> _What to produce_: When a line in the entries below contains the word "arith", copy that line.

Stored data:
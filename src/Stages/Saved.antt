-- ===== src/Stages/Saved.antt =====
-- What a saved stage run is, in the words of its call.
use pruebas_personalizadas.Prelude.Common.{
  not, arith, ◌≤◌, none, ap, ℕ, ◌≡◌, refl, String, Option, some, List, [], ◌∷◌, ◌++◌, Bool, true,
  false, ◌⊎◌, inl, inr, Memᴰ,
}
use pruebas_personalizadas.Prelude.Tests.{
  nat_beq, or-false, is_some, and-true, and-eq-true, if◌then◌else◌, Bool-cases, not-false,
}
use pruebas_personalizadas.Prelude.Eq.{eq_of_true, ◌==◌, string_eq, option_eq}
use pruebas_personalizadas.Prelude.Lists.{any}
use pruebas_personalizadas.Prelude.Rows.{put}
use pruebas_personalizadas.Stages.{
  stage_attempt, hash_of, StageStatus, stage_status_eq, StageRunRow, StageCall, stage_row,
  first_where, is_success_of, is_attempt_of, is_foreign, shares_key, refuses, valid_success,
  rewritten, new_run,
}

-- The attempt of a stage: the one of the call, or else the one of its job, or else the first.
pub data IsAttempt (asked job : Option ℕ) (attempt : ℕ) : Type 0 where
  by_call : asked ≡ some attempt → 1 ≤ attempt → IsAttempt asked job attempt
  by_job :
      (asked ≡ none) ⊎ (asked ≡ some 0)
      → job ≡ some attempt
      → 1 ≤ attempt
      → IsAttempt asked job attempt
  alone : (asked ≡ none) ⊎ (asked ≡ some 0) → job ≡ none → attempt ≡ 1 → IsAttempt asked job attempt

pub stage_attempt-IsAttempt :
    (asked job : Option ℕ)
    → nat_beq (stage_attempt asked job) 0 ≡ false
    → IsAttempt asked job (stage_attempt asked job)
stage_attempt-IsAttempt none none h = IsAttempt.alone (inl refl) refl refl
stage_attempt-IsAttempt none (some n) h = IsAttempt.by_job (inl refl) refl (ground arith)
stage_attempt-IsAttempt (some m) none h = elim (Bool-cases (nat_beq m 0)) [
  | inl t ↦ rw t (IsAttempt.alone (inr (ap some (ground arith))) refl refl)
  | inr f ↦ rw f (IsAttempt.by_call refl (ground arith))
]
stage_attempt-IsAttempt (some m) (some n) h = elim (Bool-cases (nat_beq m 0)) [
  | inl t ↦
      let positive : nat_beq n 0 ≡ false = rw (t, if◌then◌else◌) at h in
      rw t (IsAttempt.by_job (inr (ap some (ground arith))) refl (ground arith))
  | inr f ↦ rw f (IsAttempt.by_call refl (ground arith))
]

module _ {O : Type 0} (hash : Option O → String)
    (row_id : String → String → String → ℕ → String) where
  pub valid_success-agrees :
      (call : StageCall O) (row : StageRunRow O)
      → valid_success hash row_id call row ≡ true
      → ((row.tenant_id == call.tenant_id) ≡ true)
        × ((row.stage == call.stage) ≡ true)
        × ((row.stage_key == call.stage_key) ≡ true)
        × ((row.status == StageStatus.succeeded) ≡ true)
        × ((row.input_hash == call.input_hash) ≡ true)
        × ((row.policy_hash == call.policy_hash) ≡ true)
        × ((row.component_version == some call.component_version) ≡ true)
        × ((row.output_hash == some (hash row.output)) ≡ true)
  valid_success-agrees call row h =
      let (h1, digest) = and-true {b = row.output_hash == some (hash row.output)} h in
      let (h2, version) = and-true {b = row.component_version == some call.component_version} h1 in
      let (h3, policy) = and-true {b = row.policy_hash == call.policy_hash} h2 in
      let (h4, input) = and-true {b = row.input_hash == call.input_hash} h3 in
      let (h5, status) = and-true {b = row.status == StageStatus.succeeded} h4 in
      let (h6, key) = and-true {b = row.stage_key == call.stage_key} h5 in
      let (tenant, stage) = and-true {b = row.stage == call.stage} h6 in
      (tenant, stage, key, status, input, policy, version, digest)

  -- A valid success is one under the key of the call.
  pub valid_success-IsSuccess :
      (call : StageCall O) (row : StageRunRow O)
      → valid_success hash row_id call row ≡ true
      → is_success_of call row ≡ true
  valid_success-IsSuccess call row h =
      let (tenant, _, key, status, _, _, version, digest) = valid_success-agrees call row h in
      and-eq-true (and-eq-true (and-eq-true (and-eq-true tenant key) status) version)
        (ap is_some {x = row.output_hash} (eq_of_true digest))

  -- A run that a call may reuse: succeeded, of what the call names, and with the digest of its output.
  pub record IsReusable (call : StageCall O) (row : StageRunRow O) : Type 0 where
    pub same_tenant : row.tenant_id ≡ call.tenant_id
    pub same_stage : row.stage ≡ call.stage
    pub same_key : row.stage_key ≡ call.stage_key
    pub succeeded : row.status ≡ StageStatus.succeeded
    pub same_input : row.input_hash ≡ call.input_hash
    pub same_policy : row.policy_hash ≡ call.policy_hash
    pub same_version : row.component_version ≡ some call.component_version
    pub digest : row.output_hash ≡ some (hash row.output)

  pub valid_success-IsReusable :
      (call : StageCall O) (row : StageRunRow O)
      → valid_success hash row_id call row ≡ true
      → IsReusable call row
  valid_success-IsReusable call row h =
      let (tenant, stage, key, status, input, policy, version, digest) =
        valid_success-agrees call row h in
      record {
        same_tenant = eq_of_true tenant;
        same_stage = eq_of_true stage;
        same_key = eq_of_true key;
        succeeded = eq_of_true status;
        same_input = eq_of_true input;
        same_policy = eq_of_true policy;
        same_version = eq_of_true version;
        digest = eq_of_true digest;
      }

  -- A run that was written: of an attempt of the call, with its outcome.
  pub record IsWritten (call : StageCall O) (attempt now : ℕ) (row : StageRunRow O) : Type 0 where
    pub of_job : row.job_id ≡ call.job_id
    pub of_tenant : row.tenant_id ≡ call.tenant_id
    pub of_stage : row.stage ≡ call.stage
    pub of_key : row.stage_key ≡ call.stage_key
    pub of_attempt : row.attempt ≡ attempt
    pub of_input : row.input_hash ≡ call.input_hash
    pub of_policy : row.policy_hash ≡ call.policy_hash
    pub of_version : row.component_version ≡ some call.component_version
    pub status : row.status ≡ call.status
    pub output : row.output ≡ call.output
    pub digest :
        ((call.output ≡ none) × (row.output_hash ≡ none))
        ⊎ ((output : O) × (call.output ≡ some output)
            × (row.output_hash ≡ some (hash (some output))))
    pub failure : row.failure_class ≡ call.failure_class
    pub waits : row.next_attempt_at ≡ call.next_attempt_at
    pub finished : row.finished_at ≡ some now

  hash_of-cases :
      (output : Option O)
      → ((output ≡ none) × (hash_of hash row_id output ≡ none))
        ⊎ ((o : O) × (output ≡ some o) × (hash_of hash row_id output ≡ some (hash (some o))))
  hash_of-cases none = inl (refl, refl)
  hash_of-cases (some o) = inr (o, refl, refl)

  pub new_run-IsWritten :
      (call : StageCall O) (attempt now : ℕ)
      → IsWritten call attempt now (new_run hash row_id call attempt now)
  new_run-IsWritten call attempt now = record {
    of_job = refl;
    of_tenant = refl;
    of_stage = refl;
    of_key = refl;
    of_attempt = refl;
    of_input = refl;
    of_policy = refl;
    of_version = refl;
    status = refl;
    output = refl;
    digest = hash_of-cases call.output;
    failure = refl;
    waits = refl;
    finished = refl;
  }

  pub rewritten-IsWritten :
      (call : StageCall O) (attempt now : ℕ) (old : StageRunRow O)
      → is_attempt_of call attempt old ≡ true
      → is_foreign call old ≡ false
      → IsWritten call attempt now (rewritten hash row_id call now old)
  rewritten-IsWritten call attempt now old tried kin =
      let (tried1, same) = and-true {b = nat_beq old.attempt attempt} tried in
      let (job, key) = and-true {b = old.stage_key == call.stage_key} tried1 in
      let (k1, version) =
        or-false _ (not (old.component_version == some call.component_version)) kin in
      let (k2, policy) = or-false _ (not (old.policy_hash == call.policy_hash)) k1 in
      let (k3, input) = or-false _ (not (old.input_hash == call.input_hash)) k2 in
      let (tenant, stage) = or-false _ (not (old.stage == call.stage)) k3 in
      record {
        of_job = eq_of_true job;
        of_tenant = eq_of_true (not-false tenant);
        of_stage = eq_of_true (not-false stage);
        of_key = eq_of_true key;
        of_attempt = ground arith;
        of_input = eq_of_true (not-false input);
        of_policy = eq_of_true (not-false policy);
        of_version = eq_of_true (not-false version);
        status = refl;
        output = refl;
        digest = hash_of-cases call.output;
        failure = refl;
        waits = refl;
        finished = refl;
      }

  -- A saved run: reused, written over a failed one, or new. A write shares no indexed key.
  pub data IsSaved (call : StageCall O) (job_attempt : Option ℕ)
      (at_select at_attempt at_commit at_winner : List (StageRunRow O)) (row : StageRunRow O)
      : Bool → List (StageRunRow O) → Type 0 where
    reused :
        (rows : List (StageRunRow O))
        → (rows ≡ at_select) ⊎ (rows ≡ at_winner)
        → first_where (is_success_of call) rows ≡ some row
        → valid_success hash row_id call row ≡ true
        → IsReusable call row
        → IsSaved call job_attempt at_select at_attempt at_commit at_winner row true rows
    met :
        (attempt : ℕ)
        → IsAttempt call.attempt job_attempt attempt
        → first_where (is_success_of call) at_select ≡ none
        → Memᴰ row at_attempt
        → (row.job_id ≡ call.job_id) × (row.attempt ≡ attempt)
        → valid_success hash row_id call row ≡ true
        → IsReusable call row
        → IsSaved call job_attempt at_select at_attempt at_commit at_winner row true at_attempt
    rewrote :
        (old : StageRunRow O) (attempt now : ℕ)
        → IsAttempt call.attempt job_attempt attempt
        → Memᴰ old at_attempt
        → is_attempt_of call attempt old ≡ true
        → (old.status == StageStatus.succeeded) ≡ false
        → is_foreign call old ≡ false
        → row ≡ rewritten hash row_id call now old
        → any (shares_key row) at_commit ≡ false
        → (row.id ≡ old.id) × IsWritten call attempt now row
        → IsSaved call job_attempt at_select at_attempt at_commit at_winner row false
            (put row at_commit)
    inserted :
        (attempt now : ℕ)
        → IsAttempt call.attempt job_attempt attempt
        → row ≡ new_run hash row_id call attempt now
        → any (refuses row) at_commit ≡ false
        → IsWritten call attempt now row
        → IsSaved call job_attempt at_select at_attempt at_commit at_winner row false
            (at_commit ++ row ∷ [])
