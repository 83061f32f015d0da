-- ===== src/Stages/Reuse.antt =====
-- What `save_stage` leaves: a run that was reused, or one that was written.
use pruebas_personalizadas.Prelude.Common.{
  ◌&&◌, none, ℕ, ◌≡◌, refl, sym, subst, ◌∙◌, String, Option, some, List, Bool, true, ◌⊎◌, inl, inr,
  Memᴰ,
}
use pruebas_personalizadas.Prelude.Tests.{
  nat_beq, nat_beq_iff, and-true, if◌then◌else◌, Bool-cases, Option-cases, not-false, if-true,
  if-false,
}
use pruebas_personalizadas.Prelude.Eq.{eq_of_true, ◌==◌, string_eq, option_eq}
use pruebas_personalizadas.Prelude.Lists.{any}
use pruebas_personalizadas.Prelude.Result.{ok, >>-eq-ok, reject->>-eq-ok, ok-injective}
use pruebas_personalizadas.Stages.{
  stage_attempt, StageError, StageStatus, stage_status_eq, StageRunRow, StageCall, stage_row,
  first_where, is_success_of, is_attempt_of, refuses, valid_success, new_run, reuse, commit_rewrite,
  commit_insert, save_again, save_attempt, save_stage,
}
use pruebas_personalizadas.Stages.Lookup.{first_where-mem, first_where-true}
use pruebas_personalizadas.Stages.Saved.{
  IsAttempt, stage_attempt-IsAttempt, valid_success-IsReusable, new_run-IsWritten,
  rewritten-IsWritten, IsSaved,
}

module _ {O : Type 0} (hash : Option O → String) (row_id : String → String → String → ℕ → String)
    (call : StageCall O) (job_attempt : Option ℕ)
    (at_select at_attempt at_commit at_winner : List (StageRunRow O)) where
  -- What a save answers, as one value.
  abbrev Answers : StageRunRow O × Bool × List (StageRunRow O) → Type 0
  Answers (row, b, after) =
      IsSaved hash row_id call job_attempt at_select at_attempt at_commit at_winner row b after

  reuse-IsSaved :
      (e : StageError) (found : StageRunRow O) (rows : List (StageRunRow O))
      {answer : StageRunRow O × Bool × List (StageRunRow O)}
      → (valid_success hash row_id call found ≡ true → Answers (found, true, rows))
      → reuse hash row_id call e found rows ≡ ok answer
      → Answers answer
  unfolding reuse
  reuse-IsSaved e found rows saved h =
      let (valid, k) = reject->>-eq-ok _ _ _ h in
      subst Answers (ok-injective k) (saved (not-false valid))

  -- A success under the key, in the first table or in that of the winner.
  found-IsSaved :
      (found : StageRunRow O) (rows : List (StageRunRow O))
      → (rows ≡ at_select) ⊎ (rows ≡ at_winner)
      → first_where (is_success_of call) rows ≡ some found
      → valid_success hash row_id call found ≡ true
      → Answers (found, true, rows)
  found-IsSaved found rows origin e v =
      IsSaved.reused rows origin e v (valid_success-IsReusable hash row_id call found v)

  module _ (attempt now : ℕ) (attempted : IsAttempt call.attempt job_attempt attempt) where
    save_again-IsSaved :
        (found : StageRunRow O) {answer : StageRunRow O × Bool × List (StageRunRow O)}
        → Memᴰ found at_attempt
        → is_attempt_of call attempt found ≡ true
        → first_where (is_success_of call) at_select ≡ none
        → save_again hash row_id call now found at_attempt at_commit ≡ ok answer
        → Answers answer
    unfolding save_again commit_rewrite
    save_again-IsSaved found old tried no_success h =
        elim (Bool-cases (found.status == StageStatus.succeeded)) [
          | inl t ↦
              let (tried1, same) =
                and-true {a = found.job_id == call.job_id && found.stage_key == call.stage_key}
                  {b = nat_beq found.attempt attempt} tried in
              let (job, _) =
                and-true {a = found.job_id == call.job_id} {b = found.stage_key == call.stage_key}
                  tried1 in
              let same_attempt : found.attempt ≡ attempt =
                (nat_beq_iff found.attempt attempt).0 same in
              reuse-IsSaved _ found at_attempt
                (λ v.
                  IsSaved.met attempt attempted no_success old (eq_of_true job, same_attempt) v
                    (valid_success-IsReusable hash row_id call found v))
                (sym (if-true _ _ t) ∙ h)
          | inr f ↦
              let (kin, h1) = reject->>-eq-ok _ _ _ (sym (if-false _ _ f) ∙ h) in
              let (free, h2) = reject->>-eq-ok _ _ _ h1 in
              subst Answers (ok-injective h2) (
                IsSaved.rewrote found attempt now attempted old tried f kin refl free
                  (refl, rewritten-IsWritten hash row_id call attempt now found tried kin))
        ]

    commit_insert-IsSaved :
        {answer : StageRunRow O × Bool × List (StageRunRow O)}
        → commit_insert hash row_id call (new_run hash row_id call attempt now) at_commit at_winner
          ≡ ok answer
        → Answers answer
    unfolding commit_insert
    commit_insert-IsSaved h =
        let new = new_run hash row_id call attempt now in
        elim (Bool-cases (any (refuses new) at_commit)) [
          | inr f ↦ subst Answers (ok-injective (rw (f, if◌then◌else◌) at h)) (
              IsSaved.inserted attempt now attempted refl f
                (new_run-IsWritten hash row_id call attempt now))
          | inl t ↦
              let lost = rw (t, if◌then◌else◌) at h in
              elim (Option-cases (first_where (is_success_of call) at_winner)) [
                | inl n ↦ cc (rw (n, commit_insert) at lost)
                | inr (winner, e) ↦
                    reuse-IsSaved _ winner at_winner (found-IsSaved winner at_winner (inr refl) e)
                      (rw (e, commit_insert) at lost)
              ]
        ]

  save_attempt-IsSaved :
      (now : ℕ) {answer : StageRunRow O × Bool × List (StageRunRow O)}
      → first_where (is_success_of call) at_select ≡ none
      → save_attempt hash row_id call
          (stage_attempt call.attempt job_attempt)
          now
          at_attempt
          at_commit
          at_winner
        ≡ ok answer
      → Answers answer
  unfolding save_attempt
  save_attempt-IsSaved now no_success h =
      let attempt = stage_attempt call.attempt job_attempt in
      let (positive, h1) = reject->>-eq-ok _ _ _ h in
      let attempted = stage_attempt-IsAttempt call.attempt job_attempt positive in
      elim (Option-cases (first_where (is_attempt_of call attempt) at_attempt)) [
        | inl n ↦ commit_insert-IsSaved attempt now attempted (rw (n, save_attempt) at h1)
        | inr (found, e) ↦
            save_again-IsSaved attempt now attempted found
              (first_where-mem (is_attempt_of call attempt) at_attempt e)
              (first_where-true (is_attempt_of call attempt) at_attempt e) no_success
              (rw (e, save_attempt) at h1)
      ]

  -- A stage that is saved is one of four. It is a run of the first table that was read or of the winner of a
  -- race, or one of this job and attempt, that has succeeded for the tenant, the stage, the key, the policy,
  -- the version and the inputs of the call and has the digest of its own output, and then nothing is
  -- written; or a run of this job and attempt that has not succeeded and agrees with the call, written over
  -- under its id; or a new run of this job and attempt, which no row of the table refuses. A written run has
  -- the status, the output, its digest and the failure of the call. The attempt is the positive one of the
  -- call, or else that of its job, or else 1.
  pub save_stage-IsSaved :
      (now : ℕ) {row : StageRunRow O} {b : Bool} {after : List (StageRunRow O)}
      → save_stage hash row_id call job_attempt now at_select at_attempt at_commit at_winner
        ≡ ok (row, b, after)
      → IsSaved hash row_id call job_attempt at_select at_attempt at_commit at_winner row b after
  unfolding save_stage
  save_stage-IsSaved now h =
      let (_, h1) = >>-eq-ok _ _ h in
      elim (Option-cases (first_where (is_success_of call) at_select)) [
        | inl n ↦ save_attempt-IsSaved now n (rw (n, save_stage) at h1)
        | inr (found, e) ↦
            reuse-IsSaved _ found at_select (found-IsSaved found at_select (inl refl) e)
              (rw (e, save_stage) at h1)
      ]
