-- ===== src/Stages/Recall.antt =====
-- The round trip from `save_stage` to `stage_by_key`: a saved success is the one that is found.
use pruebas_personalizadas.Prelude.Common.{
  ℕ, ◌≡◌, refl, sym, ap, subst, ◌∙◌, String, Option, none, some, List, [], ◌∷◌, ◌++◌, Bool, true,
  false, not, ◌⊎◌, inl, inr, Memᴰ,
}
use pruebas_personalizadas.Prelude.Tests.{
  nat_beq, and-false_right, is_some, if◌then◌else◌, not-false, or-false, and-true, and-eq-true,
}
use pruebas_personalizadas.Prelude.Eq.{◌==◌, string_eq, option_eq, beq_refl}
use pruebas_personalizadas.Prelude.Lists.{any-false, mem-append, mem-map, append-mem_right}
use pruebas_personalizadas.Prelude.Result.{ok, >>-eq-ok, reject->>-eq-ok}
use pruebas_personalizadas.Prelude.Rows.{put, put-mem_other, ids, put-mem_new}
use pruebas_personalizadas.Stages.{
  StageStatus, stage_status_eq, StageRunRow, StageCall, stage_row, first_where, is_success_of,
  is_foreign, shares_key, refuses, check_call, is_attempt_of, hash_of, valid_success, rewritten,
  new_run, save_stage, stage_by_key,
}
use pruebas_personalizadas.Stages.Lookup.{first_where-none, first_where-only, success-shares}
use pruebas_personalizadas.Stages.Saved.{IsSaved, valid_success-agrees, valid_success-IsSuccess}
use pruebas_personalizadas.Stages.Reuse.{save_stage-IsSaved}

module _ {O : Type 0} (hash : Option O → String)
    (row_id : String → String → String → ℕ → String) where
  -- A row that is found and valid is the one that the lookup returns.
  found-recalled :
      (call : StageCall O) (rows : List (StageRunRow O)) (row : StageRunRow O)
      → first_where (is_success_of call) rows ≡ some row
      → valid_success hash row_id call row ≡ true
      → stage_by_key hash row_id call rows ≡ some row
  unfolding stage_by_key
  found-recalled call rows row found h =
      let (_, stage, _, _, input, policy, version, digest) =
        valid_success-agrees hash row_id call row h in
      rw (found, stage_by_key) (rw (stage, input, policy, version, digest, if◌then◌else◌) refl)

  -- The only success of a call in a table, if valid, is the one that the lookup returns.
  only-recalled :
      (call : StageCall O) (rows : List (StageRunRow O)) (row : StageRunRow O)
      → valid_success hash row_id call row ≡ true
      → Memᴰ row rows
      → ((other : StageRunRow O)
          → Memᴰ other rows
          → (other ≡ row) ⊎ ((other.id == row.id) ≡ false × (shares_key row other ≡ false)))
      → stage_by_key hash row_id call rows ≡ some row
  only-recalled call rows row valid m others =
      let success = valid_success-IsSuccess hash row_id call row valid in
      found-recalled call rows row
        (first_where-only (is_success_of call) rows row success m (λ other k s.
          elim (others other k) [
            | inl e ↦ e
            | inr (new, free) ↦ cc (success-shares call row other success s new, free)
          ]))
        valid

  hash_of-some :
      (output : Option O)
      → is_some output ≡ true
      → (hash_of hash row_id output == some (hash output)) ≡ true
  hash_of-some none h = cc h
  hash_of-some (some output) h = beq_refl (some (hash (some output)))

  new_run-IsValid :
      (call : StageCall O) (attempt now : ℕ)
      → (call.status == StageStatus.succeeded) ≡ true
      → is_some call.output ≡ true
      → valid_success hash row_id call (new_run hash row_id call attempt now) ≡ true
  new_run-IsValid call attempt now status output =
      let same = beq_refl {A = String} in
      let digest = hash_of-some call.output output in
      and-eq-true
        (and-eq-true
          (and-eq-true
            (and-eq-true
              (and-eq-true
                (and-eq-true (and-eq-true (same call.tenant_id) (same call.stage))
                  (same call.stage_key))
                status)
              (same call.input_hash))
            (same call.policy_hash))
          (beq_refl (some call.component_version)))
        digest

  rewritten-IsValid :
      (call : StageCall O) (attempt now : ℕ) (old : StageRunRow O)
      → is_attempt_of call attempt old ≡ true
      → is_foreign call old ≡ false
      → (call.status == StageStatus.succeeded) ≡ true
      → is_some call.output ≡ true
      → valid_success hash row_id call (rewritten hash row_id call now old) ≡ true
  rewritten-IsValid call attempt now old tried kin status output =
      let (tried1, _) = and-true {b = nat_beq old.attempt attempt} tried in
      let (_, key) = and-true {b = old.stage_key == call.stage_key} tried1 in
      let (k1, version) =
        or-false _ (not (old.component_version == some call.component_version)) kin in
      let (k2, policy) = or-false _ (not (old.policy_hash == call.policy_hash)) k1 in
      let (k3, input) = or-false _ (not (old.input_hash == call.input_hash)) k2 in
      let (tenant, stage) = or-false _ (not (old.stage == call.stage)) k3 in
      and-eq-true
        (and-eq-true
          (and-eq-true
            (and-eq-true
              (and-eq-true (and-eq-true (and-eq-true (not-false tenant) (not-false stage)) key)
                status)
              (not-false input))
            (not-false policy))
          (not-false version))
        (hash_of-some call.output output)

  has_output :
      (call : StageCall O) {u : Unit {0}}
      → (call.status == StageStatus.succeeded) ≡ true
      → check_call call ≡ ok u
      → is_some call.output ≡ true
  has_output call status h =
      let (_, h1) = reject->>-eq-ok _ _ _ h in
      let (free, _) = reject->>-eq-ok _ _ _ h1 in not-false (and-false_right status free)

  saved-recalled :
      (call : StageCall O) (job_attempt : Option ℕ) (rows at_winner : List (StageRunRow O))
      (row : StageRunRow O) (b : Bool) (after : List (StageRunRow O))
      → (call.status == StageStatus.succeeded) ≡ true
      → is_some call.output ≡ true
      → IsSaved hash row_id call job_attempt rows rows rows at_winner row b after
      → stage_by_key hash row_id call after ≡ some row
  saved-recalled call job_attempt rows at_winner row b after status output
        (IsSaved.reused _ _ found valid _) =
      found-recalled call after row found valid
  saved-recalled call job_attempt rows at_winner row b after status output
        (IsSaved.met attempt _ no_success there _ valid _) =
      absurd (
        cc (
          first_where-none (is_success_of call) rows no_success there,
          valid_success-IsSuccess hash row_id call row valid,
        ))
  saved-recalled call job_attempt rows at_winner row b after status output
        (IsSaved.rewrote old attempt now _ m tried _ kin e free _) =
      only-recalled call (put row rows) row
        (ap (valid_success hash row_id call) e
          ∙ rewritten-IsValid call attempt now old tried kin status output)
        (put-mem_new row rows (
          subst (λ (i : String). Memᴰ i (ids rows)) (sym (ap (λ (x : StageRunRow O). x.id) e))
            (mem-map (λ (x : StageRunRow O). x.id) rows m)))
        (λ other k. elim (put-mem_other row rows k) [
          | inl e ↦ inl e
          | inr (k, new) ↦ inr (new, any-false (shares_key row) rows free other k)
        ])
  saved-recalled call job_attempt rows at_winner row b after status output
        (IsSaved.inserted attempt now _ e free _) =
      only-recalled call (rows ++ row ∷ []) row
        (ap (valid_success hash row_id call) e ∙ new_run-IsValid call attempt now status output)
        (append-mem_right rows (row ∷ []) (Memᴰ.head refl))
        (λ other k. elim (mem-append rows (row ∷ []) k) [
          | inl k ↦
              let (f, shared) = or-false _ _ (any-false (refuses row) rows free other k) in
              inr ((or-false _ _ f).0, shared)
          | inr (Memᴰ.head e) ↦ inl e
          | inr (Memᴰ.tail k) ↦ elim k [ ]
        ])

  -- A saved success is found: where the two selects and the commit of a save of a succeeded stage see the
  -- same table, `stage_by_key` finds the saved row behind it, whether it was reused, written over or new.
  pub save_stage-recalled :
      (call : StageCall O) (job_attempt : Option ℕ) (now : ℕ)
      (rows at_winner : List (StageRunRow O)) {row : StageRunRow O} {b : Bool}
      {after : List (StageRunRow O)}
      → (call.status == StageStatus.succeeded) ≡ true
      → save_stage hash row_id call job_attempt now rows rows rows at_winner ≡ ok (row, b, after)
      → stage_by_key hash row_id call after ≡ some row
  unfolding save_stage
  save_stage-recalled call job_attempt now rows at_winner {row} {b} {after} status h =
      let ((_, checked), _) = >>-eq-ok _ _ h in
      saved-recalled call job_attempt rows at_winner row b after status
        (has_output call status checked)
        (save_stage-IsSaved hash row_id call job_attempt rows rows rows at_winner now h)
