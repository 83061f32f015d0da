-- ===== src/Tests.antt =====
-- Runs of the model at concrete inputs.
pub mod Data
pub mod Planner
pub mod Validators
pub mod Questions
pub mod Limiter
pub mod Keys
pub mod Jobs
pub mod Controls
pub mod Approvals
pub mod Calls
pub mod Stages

> _Result of this exercise_:
  not, arith, ◌≤◌, none, ap, ℕ, ◌≡◌, refl, String, Option, some, List, [], ◌∷◌, ◌++◌, Bool, true,
stage_attempt-IsAttempt none (some n) h = IsAttempt.by_job (inl refl) refl (ground arith)
  | inl t ↦ rw t (IsAttempt.alone (inr (ap some (ground arith))) refl refl)
  | inr f ↦ rw f (IsAttempt.by_call refl (ground arith))
      rw t (IsAttempt.by_job (inr (ap some (ground arith))) refl (ground arith))
  | inr f ↦ rw f (IsAttempt.by_call refl (ground arith))
        of_attempt = ground arith;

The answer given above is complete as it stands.